Data extracted from a collection:
-- ===== src/BlockChecks/Positions.antt =====
-- Where the searches of nightfall-optimist/src/services/check-block.mjs find a value.
use nightfall.Common.{
  ℕ, zero, suc, ◌+◌, ◌≤◌, ◌≡◌, sym, ap, ◌∙◌, inl, inr, Option, some, List, [], ◌∷◌, get_elem?,
  arith, eq-cases, Option-cases, eq→==, ne→==,
}
use nightfall.BlockChecks.Duplicates.{last_index_of, index_of}

some_injective : (a b : ℕ) → ◌≡◌ {A = Option ℕ} (some a) (some b) → a ≡ b
some_injective a b h = cc

add_zero : (i : ℕ) → i ≡ i + 0
add_zero i = omega arith

suc_add : (a b : ℕ) → suc a + b ≡ a + suc b
suc_add a b = omega arith

-- What the search answers is a position of the value.
pub last_index_of_at :
    (x i j : ℕ) (ys : List ℕ)
    → last_index_of x i ys ≡ some j
    → (m : ℕ) × (j ≡ i + m) × (get_elem? ys m ≡ some x)
unfolding last_index_of
last_index_of_at x i j [] h = absurd (cc)
last_index_of_at x i j (y ∷ ys) h = elim (Option-cases (last_index_of x (suc i) ys)) [
  | inl e ↦ elim (eq-cases y x) [
    | inl same ↦
        (0, sym (some_injective i j (rw (e, eq→== y x same) at h)) ∙ add_zero i, ap some same)
    | inr ne ↦ absurd (cc (rw (e, ne→== y x ne) at h))
  ]
  | inr (j', e) ↦
      let (m, at, same) = last_index_of_at x (suc i) j' ys e in
      (suc m, sym (some_injective j' j (rw e at h)) ∙ at ∙ suc_add i m, same)
]

-- The last position of a value that stands at `k`.
pub last_index_of_lem :
    (x i k : ℕ) (ys : List ℕ)
    → get_elem? ys k ≡ some x
    → (m : ℕ) × (last_index_of x i ys ≡ some (i + m)) × (k ≤ m) × (get_elem? ys m ≡ some x)
unfolding last_index_of
last_index_of_lem x i k [] h = absurd (cc)
last_index_of_lem x i zero (y ∷ ys) h = elim (Option-cases (last_index_of x (suc i) ys)) [
  | inl e ↦ rw (e, eq→== y x (some_injective y x h)) (0, ap some (add_zero i), omega arith, h)
  | inr (j, e) ↦
      let (m, at, same) = last_index_of_at x (suc i) j ys e in
      rw e (suc m, ap some (at ∙ suc_add i m), omega arith, same)
]
last_index_of_lem x i (suc k) (y ∷ ys) h =
    let (m, found, le, same) = last_index_of_lem x (suc i) k ys h in
    rw found (suc m, ap some (suc_add i m), omega arith, same)

pub index_of_lem :
    (x k : ℕ) (ys : List ℕ) → get_elem? ys k ≡ some x → get_elem? ys (index_of x ys) ≡ some x
unfolding index_of
index_of_lem x k [] h = absurd (cc)
index_of_lem x zero (y ∷ ys) h = rw (eq→== y x (some_injective y x h)) h
index_of_lem x (suc k) (y ∷ ys) h = elim (eq-cases y x) [
  | inl e ↦ rw (eq→== y x e) (ap some e)
  | inr ne ↦ rw (ne→== y x ne) (index_of_lem x k ys h)
]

* _Try it_: All lines in the records with the string "value" should be copied out.

* _Task solution_:
-- Where the searches of nightfall-optimist/src/services/check-block.mjs find a value.
-- What the search answers is a position of the value.
-- The last position of a value that stands at `k`.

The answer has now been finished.